Work instruction> Range to reproduce from the entries below: the line with "default_reconciler_config = record", the line with "max_retries = or_default", and every line in between. Give them exactly and give nothing else.

Stored items>

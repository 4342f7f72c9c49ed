-- ===== src/Config/Reconciler.antt =====
-- internal/config/reconciler_config.go and reconciler_loader.go: the settings of the reconciler, and
-- their loading. A duration is its number of nanoseconds. The float64 of the multiplier, its
-- comparison with 1.0, and the YAML decoder are parameters.
pub mod Bounds
use score_orchestrator.Base.{
  ℕ, ◌*◌, String, Bool, true, false, not, Option, none, some, List, [], ◌∷◌, if◌then◌else◌,
}
use score_orchestrator.Base.Int.{ℤ, pos, ltb_ℤ}
use score_orchestrator.Base.Dict.{Dict, lookup}
use score_orchestrator.Base.Text.{joined}
use score_orchestrator.Base.Result.{Result, ok, err}
use score_orchestrator.Api.Meta.{Raw, empty, malformed, json}
use score_orchestrator.Api.Config.{OrchestratorConfig}

pub record RetryConfig (Float : Type 0) : Type 0 where
  pub default_requeue_delay : ℤ
  pub conflict_requeue_delay : ℤ
  pub max_retries : ℤ
  pub backoff_multiplier : Float

pub record TimeoutConfig : Type 0 where
  pub claim_timeout : ℤ
  pub plan_timeout : ℤ
  pub status_timeout : ℤ
  pub deletion_timeout : ℤ

pub record FeatureConfig : Type 0 where
  pub enable_detailed_logging : Bool
  pub enable_metrics : Bool
  pub enable_tracing : Bool
  pub enable_experimental_features : Bool

pub record ReconcilerConfig (Float : Type 0) : Type 0 where
  pub retry : RetryConfig Float
  pub timeouts : TimeoutConfig
  pub features : FeatureConfig

abbrev pub seconds : ℕ → ℤ
seconds n = pos (n * 1000000000)

-- d <= 0
abbrev pub at_most_zero : ℤ → Bool
at_most_zero d = not (ltb_ℤ (pos 0) d)

-- A setting that Validate puts to its default value where a test holds.
abbrev pub or_default {ℓ} : {A : Type ℓ} → (A → Bool) → A → A → A
or_default bad value default_value = if bad value then default_value else value

-- What ConfigLoader.LoadConfig fails with: ErrConfigNotFound, or another error by its text.
pub data LoaderError : Type 0 where
  config_not_found : LoaderError
  other_error : String → LoaderError

-- The configuration that extractReconcilerConfig is given, by its dynamic type.
pub data AnyConfig (Section : Type 0) : Type 0 where
  config_map : Dict Section → AnyConfig Section
  config_struct : OrchestratorConfig → AnyConfig Section
  other_type : String → AnyConfig Section

pub data ConfigEvent : Type 0 where
  added : OrchestratorConfig → ConfigEvent
  modified : OrchestratorConfig → ConfigEvent
  deleted : ConfigEvent
  error : String → ConfigEvent

-- gopkg.in/yaml.v3: a map from bytes, bytes from a value, and bytes laid over a configuration.
pub record Yaml (Section Float : Type 0) : Type 0 where
  pub unmarshal_map : Raw → Result String Section
  pub marshal : Section → Result String String
  pub unmarshal_onto : String → ReconcilerConfig Float → Result String (ReconcilerConfig Float)

pub record ReconcilerConfigLoader (Float : Type 0) : Type 0 where
  pub cache : Option (ReconcilerConfig Float)

-- fmt.Errorf("<context>: %w", err)
abbrev pub with_context : {A : Type 0} → String → Result String A → Result String A
with_context context (ok a) = ok a
with_context context (err e) = err (joined context e)

module _ {Float : Type 0} (two : Float) (at_most_one : Float → Bool) where
  abbrev pub default_reconciler_config : ReconcilerConfig Float
  default_reconciler_config = record {
    retry = record {
      default_requeue_delay = seconds 30;
      conflict_requeue_delay = seconds 1;
      max_retries = pos 3;
      backoff_multiplier = two;
    };
    timeouts = record {
      claim_timeout = seconds 300;
      plan_timeout = seconds 180;
      status_timeout = seconds 30;
      deletion_timeout = seconds 600;
    };
    features = record {
      enable_detailed_logging = false;
      enable_metrics = true;
      enable_tracing = false;
      enable_experimental_features = false;
    };
  }

  -- Validate, which corrects the configuration and never fails.
  unfoldable pub validate : ReconcilerConfig Float → ReconcilerConfig Float
  validate c = record c {
    retry = record {
      default_requeue_delay = or_default at_most_zero c.retry.default_requeue_delay (seconds 30);
      conflict_requeue_delay = or_default at_most_zero c.retry.conflict_requeue_delay (seconds 1);
      max_retries = or_default (λ n. ltb_ℤ n (pos 0)) c.retry.max_retries (pos 3);
      backoff_multiplier = or_default at_most_one c.retry.backoff_multiplier two;
    };
    timeouts = record {
      claim_timeout = or_default at_most_zero c.timeouts.claim_timeout (seconds 300);
      plan_timeout = or_default at_most_zero c.timeouts.plan_timeout (seconds 180);
      status_timeout = or_default at_most_zero c.timeouts.status_timeout (seconds 30);
      deletion_timeout = or_default at_most_zero c.timeouts.deletion_timeout (seconds 600);
    };
  }

  abbrev pub new_reconciler_config_loader : ReconcilerConfigLoader Float
  new_reconciler_config_loader = record { cache = some default_reconciler_config }

  abbrev pub get_cached_config : ReconcilerConfigLoader Float → ReconcilerConfig Float
  get_cached_config loader = elim loader.cache [ none ↦ default_reconciler_config | some c ↦ c ]

  module _ {Section : Type 0} (yaml : Yaml Section Float) where
    -- The configured section over the default configuration.
    unfoldable pub overlay : Section → Result String (ReconcilerConfig Float)
    overlay section = elim (yaml.marshal section) [
      | err e ↦ err (joined "failed to marshal reconciler config: " e)
      | ok bytes ↦
          with_context "failed to unmarshal reconciler config: "
            (yaml.unmarshal_onto bytes default_reconciler_config)
    ]

    unfoldable pub overlay_raw : Raw → Result String (ReconcilerConfig Float)
    overlay_raw raw = elim (yaml.unmarshal_map raw) [
      | err e ↦ err (joined "failed to unmarshal reconciler raw data: " e)
      | ok section ↦ overlay section
    ]

    unfoldable pub extract_reconciler_config :
        AnyConfig Section → Result String (ReconcilerConfig Float)
    extract_reconciler_config (config_map entries) = elim (lookup "reconciler" entries) [
      | none ↦ ok default_reconciler_config
      | some section ↦ overlay section
    ]
    extract_reconciler_config (config_struct config) = elim config.reconciler [
      | none ↦ ok default_reconciler_config
      | some empty ↦ ok default_reconciler_config
      | some malformed ↦ overlay_raw malformed
      | some (json value) ↦ overlay_raw (json value)
    ]
    extract_reconciler_config (other_type name) = err (joined "unexpected config type: " name)

    -- A configuration that was extracted is validated and cached; an error is given its context.
    unfoldable pub cached :
        String
        → ReconcilerConfigLoader Float
        → Result String (ReconcilerConfig Float)
        → ReconcilerConfigLoader Float × Result String (ReconcilerConfig Float)
    cached context loader (err e) = (loader, err (joined context e))
    cached context loader (ok c) = (record loader { cache = some (validate c) }, ok (validate c))

    -- LoadConfig, by what the loader of the ConfigMap answers.
    unfoldable pub load_config :
        ReconcilerConfigLoader Float
        → Result LoaderError OrchestratorConfig
        → ReconcilerConfigLoader Float × Result String (ReconcilerConfig Float)
    load_config loader (err config_not_found) = (loader, ok default_reconciler_config)
    load_config loader (err (other_error e)) =
        (loader, err (joined "failed to load orchestrator config: " e))
    load_config loader (ok config) =
        cached "failed to extract reconciler config: " loader
          (extract_reconciler_config (config_struct config))

    -- One round of the loop of Watch, with what the callback is given.
    unfoldable pub handle_event :
        ReconcilerConfigLoader Float
        → ConfigEvent
        → ReconcilerConfigLoader Float × Result String (ReconcilerConfig Float)
    handle_event loader (error e) = (loader, err e)
    handle_event loader deleted =
        (record loader { cache = some default_reconciler_config }, ok default_reconciler_config)
    handle_event loader (added config) =
        cached "failed to extract reconciler config from updated config: " loader
          (extract_reconciler_config (config_struct config))
    handle_event loader (modified config) =
        cached "failed to extract reconciler config from updated config: " loader
          (extract_reconciler_config (config_struct config))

Finished task>
  default_reconciler_config = record {
    retry = record {
      default_requeue_delay = seconds 30;
      conflict_requeue_delay = seconds 1;
      max_retries = pos 3;
      backoff_multiplier = two;
    };
    timeouts = record {
      claim_timeout = seconds 300;
      plan_timeout = seconds 180;
      status_timeout = seconds 30;
      deletion_timeout = seconds 600;
    };
    features = record {
      enable_detailed_logging = false;
      enable_metrics = true;
      enable_tracing = false;
      enable_experimental_features = false;
    };
  }

  -- Validate, which corrects the configuration and never fails.
  unfoldable pub validate : ReconcilerConfig Float → ReconcilerConfig Float
  validate c = record c {
    retry = record {
      default_requeue_delay = or_default at_most_zero c.retry.default_requeue_delay (seconds 30);
      conflict_requeue_delay = or_default at_most_zero c.retry.conflict_requeue_delay (seconds 1);
      max_retries = or_default (λ n. ltb_ℤ n (pos 0)) c.retry.max_retries (pos 3);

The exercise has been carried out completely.